Spreading out genservers on hosts of different flavour

markusgod · October 27, 2024, 11:30pm

I was reading Discord’s engineering write-ups, and while the fanout of Sessions and Guilds seems straightforward at a high level, I am now curious about some details. Since they are running BEAM VM instances and using a Guild process as a stateful container for server information, what happens if a Guild process crashes? What if a node holding multiple Guild processes crashes? Did they also write a Kubernetes-like process manager for BEAM that will spread out Guilds across the cluster? Are there any Elixir/Erlang/OPT built-in constructs for such tasks? I’m sorry if it sounds too much about Discord, this is just the closest point of reference for my right now, but I want to understand if app is fully conformant to such actor model, how orchestration should be built.

RudManusachi · October 28, 2024, 5:19am

Hi, Mark !

I think there are couple of orthogonal questions.

I don’t know exactly how it’s setup for discord, so the following are just an assumption.

what happens if a Guild process crashes?

I would expect that the Guild process is supervised, and it will get restarted according to the strategy.
User sessions connected to Guild might somehow monitor Guild process, so they are notified about the fact that it was crashed/restarted… and reestablish the connection after the restart. OR something like a :pg (process group) is used to determine members etc.

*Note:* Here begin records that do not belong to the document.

-- ===== src/Ramps/History.antt =====
-- Any sequence of the requests that write ramps: initiations, refreshes of one ramp, rounds of the
-- poller, each with whatever the clock, the providers and the KYC service give it.
use pay_era.Prelude.{
  ℕ, ◌+◌, ◌≡◌, true, some, List, [], ◌∷◌, ◌++◌, Result, append_assoc, append-nil, inl, inr, sym,
  ◌==◌,
}
use pay_era.Prelude.Table.{find_first-append}
use pay_era.Accounts.Store.{KycStatus}
use pay_era.Ramps.Status.{RampType, is_terminal}
use pay_era.Ramps.Provider.{Registry, Provider}
use pay_era.Ramps.Store.{Ramp, Store, find_ramp}
use pay_era.Ramps.Store.Invariant.{IsValid, Extends}
use pay_era.Ramps.Initiation.{InitiateArgs, Ambient, initiate, initiate_on_ramp, initiate_off_ramp}
use pay_era.Ramps.Refresh.{refresh_status}
use pay_era.Ramps.Initiation.Gate.{initiate_on_ramp_cases, initiate_off_ramp_cases}
use pay_era.Ramps.Initiation.Laws.{
  initiate_lem, initiate-IsValid, answer, first_event, second_event,
}
use pay_era.Ramps.Refresh.Laws.{
  refresh_status-IsValid, refresh_status-terminal, refresh_status-Extends,
}
use pay_era.Ramps.Reconciliation.{reconcile_each, reconcile_pending, batch}

pub data Request : Type 0 where
  on_ramp off_ramp : Registry → Result KycStatus → InitiateArgs → Ambient → Request
  refresh : Registry → (now call id : ℕ) → Request
  reconcile : Registry → (now call : ℕ) → Request

-- The tables after one request.
unfoldable pub serve : Request → Store → Store
serve (on_ramp registry kyc args env) s = (initiate_on_ramp registry kyc args env s).1
serve (off_ramp registry kyc args env) s = (initiate_off_ramp registry kyc args env s).1
serve (refresh registry now call id) s = (refresh_status registry now call id s).1
serve (reconcile registry now call) s = reconcile_pending registry now call s

unfoldable pub run : List Request → Store → Store
run [] s = s
run (q ∷ qs) s = run qs (serve q s)

-- What every request keeps: the invariant, all that was logged, and the row of every ramp whose
-- status is terminal.
pub record Keeps (s s' : Store) : Type 0 where
  pub valid : IsValid s'
  pub extends : Extends s s'
  pub terminal :
      (n : ℕ) (r : Ramp)
      → find_ramp n s.ramps ≡ some r
      → is_terminal r.status ≡ true
      → find_ramp n s'.ramps ≡ some r

Keeps-refl : (s : Store) → IsValid s → Keeps s s
Keeps-refl s v = record {
  valid = v;
  extends = ([], sym (append-nil s.events));
  terminal = λ n r found done. found;
}

Keeps-trans : {s t u : Store} → Keeps s t → Keeps t u → Keeps s u
Keeps-trans {s} h k = record {
  valid = k.valid;
  extends = (
    h.extends.0 ++ k.extends.0,
    rw (k.extends.1, h.extends.1) (append_assoc s.events h.extends.0 k.extends.0),
  );
  terminal = λ n r found done. k.terminal n r (h.terminal n r found done) done;
}

initiate-Keeps :
    (type : RampType) (p : Provider) (args : InitiateArgs) (env : Ambient) (s : Store)
    → IsValid s
    → Keeps s (initiate type p args env s).1
initiate-Keeps type p args env s v =
    let (_, rows, events, _) = initiate_lem type p args env s v in
    record {
      valid = initiate-IsValid type p args env s v;
      extends = (
        first_event type p args env s ∷ second_event type p args env s (answer type p args) ∷ [],
        rw events (append_assoc s.events _ _),
      );
      terminal = λ n r found done. rw rows (find_first-append (λ x. x.id == n) s.ramps _ found);
    }

refresh-Keeps :
    (registry : Registry) (now call id : ℕ) (s : Store)
    → IsValid s
    → Keeps s (refresh_status registry now call id s).1
refresh-Keeps registry now call id s v = record {
  valid = refresh_status-IsValid registry now call id s v;
  extends = refresh_status-Extends registry now call id s;
  terminal = refresh_status-terminal registry now call id s;
}

reconcile_each-Keeps :
    (registry : Registry) (now call : ℕ) (rs : List Ramp) (s : Store)
    → IsValid s
    → Keeps s (reconcile_each registry now call rs s)
unfolding reconcile_each
reconcile_each-Keeps registry now call [] s v = Keeps-refl s v
reconcile_each-Keeps registry now call (r ∷ rs) s v =
    let here = refresh-Keeps registry now call r.id s v in
    Keeps-trans here (
      reconcile_each-Keeps registry now (call + 1) rs (refresh_status registry now call r.id s).1
        here.valid)

serve-Keeps : (q : Request) (s : Store) → IsValid s → Keeps s (serve q s)
unfolding serve reconcile_pending initiate_on_ramp initiate_off_ramp
serve-Keeps (on_ramp registry kyc args env) s v =
    elim (initiate_on_ramp_cases registry kyc args env s) [
      | inl same ↦ rw same (Keeps-refl s v)
      | inr (p, out) ↦ rw out (initiate-Keeps RampType.onramp p args env s v)
    ]
serve-Keeps (off_ramp registry kyc args env) s v =
    elim (initiate_off_ramp_cases registry kyc args env s) [
      | inl same ↦ rw same (Keeps-refl s v)
      | inr (p, out) ↦ rw out (initiate-Keeps RampType.offramp p args env s v)
    ]
serve-Keeps (refresh registry now call id) s v = refresh-Keeps registry now call id s v
serve-Keeps (reconcile registry now call) s v =
    reconcile_each-Keeps registry now call (batch now s.ramps) s v

-- Whatever requests are served, in whatever order and with whatever answers from the providers, the
-- tables keep their invariant (so each ramp's events stay numbered 1, 2, 3, …), the audit trail
-- only grows, and a ramp whose status is terminal keeps its row.
pub run-Keeps : (qs : List Request) (s : Store) → IsValid s → Keeps s (run qs s)
unfolding run
run-Keeps [] s v = Keeps-refl s v
run-Keeps (q ∷ qs) s v =
    let here = serve-Keeps q s v in Keeps-trans here (run-Keeps qs (serve q s) here.valid)
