-- ===== src/Ramps/MoneyGram.antt =====
-- apps/api/src/ramps/providers/moneygram.provider.ts: the provider MONEYGRAM, by SEP-10 and SEP-24.
-- What the anchor answers is an argument, which takes the number of the call; the search of its
-- stellar.toml, the Stellar SDK and the text of numbers are arguments too. The HTTP status and the
-- body that the exceptions carry are left out.
pub mod Laws
use pay_era.Prelude.{
  ℕ, Bool, true, false, not, ◌&&◌, Option, none, some, List, [], ◌∷◌, ◌++◌, String, Result, ok, err,
  Exception, failure, str_eq, or_else, if◌then◌else◌,
}
use Prim.Native.String
use pay_era.Ramps.Status.{map_status}
use pay_era.Ramps.Provider.{InitiateParams, InitiateResult, StatusResult, Provider}

-- What `fetch` ends with: an exception, a response that is not ok, or the body.
pub data Answer (A : Type 0) : Type 0 where
  threw : Exception → Answer A
  refused : Answer A
  answered : A → Answer A

pub record ChallengeData : Type 0 where
  pub transaction : String
  pub network_passphrase : Option String

pub record InteractiveData : Type 0 where
  pub url : String
  pub id : String

pub record TransactionData : Type 0 where
  pub status : String
  pub amount_in : Option String
  pub amount_out : Option String
  pub amount_fee : Option String
  pub withdraw_memo : Option String
  pub withdraw_memo_type : Option String
  pub withdraw_anchor_account : Option String
  pub stellar_transaction_id : Option String
  pub external_transaction_id : Option String

pub record Toml : Type 0 where
  pub transfer_server_url : String
  pub web_auth_endpoint : String

-- The form of an interactive request.
abbrev pub Form : Type 0
Form = List (String × String)

-- The anchor and the libraries. `transfer_server` and `web_auth` are the matches of the two regular
-- expressions in the text of stellar.toml, which each operation fetches anew; `sign` reads the challenge for a network, signs it with
-- the platform's key and gives it back as XDR, or throws.
pub record Anchor : Type 0 where
  pub home_domain : String
  pub app_home_domain : String
  pub passphrase : String
  pub toml : String → ℕ → Answer String
  pub transfer_server : String → Option String
  pub web_auth : String → Option String
  pub challenge : ℕ → String → String → String → Answer ChallengeData
  pub sign : String → String → Result String
  pub token : ℕ → String → String → Answer String
  pub interactive : ℕ → String → String → String → Form → Answer InteractiveData
  pub transaction : ℕ → String → String → String → Answer TransactionData

abbrev pub read_answer : {A : Type 0} → String → Answer A → Result A
read_answer text (threw e) = err e
read_answer text refused = err (failure text)
read_answer text (answered a) = ok a

abbrev pub truthy : Option String → Bool
truthy none = false
truthy (some t) = not (str_eq t "")

-- `a || b`
abbrev pub or_text : Option String → String → String
or_text none b = b
or_text (some a) b = if str_eq a "" then b else a

abbrev pub bind : {A B : Type 0} → Result A → (A → Result B) → Result B
bind (ok a) f = f a
bind (err e) f = err e

-- The result of `match(…)?.[1]`, where it is there and not empty.
abbrev pub endpoint : Option String → Option String
endpoint none = none
endpoint (some t) = if str_eq t "" then none else some t

module _ (anchor : Anchor) where
  -- The parse of `getToml`.
  unfoldable pub parse_toml : String → Result Toml
  parse_toml text =
      let missing : Result Toml =
        err
          (failure "MoneyGram stellar.toml missing TRANSFER_SERVER_SEP0024 or WEB_AUTH_ENDPOINT") in
      elim (endpoint (anchor.transfer_server text)) [
        | none ↦ missing
        | some server ↦ elim (endpoint (anchor.web_auth text)) [
          | none ↦ missing
          | some auth ↦ ok (record { transfer_server_url = server; web_auth_endpoint = auth })
        ]
      ]

  unfoldable pub get_toml : String → ℕ → Result Toml
  get_toml operation call =
      bind
        (read_answer
          (String.◌++◌ "Failed to fetch stellar.toml from https://"
            (String.◌++◌ anchor.home_domain "/.well-known/stellar.toml"))
          (anchor.toml operation call))
        parse_toml

  -- The guard of `authenticate`.
  abbrev pub is_other_network : ChallengeData → Bool
  is_other_network c = elim c.network_passphrase [
    | none ↦ false
    | some p ↦ not (str_eq p "") && not (str_eq p anchor.passphrase)
  ]

  unfoldable pub sign_challenge : ChallengeData → Result String
  sign_challenge c =
      if is_other_network c
      then err (failure "SEP-10 network mismatch")
      else anchor.sign anchor.passphrase c.transaction

  unfoldable pub check_token : String → Result String
  check_token token =
      if str_eq token "" then err (failure "SEP-10 response missing token") else ok token

  unfoldable pub authenticate : ℕ → String → Result String
  authenticate call address = bind (get_toml "authenticate" call) (λ toml.
      bind
        (read_answer "SEP-10 challenge request failed"
          (anchor.challenge call toml.web_auth_endpoint address anchor.app_home_domain))
        (λ challenge. bind (sign_challenge challenge) (λ xdr.
          bind
            (read_answer "SEP-10 authentication failed"
              (anchor.token call toml.web_auth_endpoint xdr))
            check_token)))

  abbrev pub amount_field : Option String → Form
  amount_field none = []
  amount_field (some a) = if str_eq a "" then [] else ("amount", a) ∷ []

  abbrev pub form : InitiateParams → Form
  form params =
      ("asset_code", or_text params.asset_code "USDC")
        ∷ ("account", params.user_stellar_address)
        ∷ ("lang", "en")
        ∷ []
      ++ amount_field params.amount

  unfoldable pub initiate_interactive : String → ℕ → String → InitiateParams → Result InitiateResult
  initiate_interactive kind call session_token params = bind (get_toml kind call) (λ toml.
      bind
        (read_answer (String.◌++◌ "SEP-24 " (String.◌++◌ kind " initiation failed"))
          (anchor.interactive call kind toml.transfer_server_url session_token (form params)))
        (λ started. ok (record { provider_tx_id = started.id; interactive_url = started.url })))

  unfoldable pub initiate_on_ramp : ℕ → String → InitiateParams → Result InitiateResult
  initiate_on_ramp = initiate_interactive "deposit"

  unfoldable pub initiate_off_ramp : ℕ → String → InitiateParams → Result InitiateResult
  initiate_off_ramp call session_token params =
      if not (truthy params.amount)
      then err (failure "Off-ramp (withdraw) requires an amount")
      else initiate_interactive "withdraw" call session_token params

  abbrev pub status_result : TransactionData → StatusResult
  status_result t = record {
    status = map_status t.status;
    raw_status = t.status;
    amount_in = t.amount_in;
    amount_out = t.amount_out;
    amount_fee = t.amount_fee;
    reference_number = t.external_transaction_id;
    stellar_memo = t.withdraw_memo;
    stellar_memo_type = t.withdraw_memo_type;
    anchor_account = t.withdraw_anchor_account;
    stellar_tx_hash = t.stellar_transaction_id;
  }

  unfoldable pub get_status : ℕ → String → String → Result StatusResult
  get_status call session_token provider_tx_id = bind (get_toml "status" call) (λ toml.
      bind
        (read_answer "SEP-24 status check failed"
          (anchor.transaction call toml.transfer_server_url session_token provider_tx_id))
        (λ t. ok (status_result t)))

  -- The class, as a provider of the registry.
  unfoldable pub money_gram : Provider
  money_gram = record {
    id = "MONEYGRAM";
    supports_on_ramp = true;
    supports_off_ramp = true;
    supports_status_callback = false;
    authenticate = authenticate;
    initiate_on_ramp = initiate_on_ramp;
    initiate_off_ramp = initiate_off_ramp;
    get_status = get_status;
  }
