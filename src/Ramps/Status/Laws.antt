-- ===== src/Ramps/Status/Laws.antt =====
-- Which statuses of MoneyGram are translated to which statuses of a ramp.
use pay_era.Prelude.{◌≡◌, ◌≢◌, ◌↔◌, refl, Bool, true, false, String, eq_iff, arith, if◌then◌else◌}
use pay_era.Ramps.Status.{RampStatus, map_status, map_final, is_pending}

-- A branch with another result was not taken.
skip :
    {z : RampStatus} (x : RampStatus) (b : Bool) (y : RampStatus)
    → is_pending x ≡ true
    → is_pending z ≡ false
    → (if b then x else y) ≡ z
    → (b ≡ false) × (y ≡ z)
skip x true y waits final e = absurd (ground (arith, waits, final, e))
skip x false y waits final e = (refl, e)

-- The branches of the statuses that wait, and what follows them.
past_pending :
    (raw : String) {z : RampStatus} → is_pending z ≡ false → map_status raw ≡ z → map_final raw ≡ z
unfolding map_status
past_pending raw p e =
    (skip RampStatus.pending_external _ _ refl p
      (skip RampStatus.pending_stellar _ _ refl p
        (skip RampStatus.pending_anchor _ _ refl p
          (skip RampStatus.pending_user_transfer _ _ refl p e).1).1).1).1

-- A ramp is reported COMPLETED exactly for the status "completed" and REFUNDED exactly for
-- "refunded"; no status of the provider takes a ramp back to INITIATED.
pub map_status_iff :
    (raw : String)
    → ((map_status raw ≡ RampStatus.completed) ↔ (raw ≡ "completed"))
      × ((map_status raw ≡ RampStatus.refunded) ↔ (raw ≡ "refunded"))
      × (map_status raw ≢ RampStatus.initiated)
unfolding map_status map_final
map_status_iff raw = (
  (
    λ h. let final = past_pending raw refl h in ground (arith, final, eq_iff raw "completed"),
    λ e. rw e refl,
  ),
  (
    λ h. let final = past_pending raw refl h in ground (arith, final, eq_iff raw "refunded"),
    λ e. rw e refl,
  ),
  λ h. let final = past_pending raw refl h in ground (arith, final),
)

What if a node holding multiple Guild processes crashes? Did they also write a Kubernetes-like process manager for BEAM that will spread out Guilds across the cluster?

Well… if Erlang node crashes - then yeah… as far as I know that’s on K8s to restart it… how they distributed those nodes across cluster is more of that DevOps setup.

Are there any Elixir/Erlang/OPT built-in constructs for such tasks?

AFAIK, no, that’s a different layer of infrastructure.

Maybe this article could shed some more light

markusgod · October 28, 2024, 6:55am

Thank you, for the explanations! This is indeed a bunch of semi-related questions, that are probably more related to system design using actor model.
The main bottleneck in their design as I understand a “guild”, a genserver that can have from a couple, up to 5 million users, so I wonder they distribute them across physical servers. there are several dimensions of the hash-ring spread, but they are probably doing some smart placing based on the size to maximise utilisation. So you can have hundreds of small genservers on one node, and just a couple of big ones on another, that what I meant by k8s-like, but this is very bad analogy.

cmo · October 28, 2024, 10:50am

You can have a backup running in another location that monitors a process and takes over when it crashes.

This is a good watch: https://m.youtube.com/watch?v=pQ0CvjAJXz4

markusgod · October 28, 2024, 3:43pm

Is there a way to monitor resource usage by a GenServer?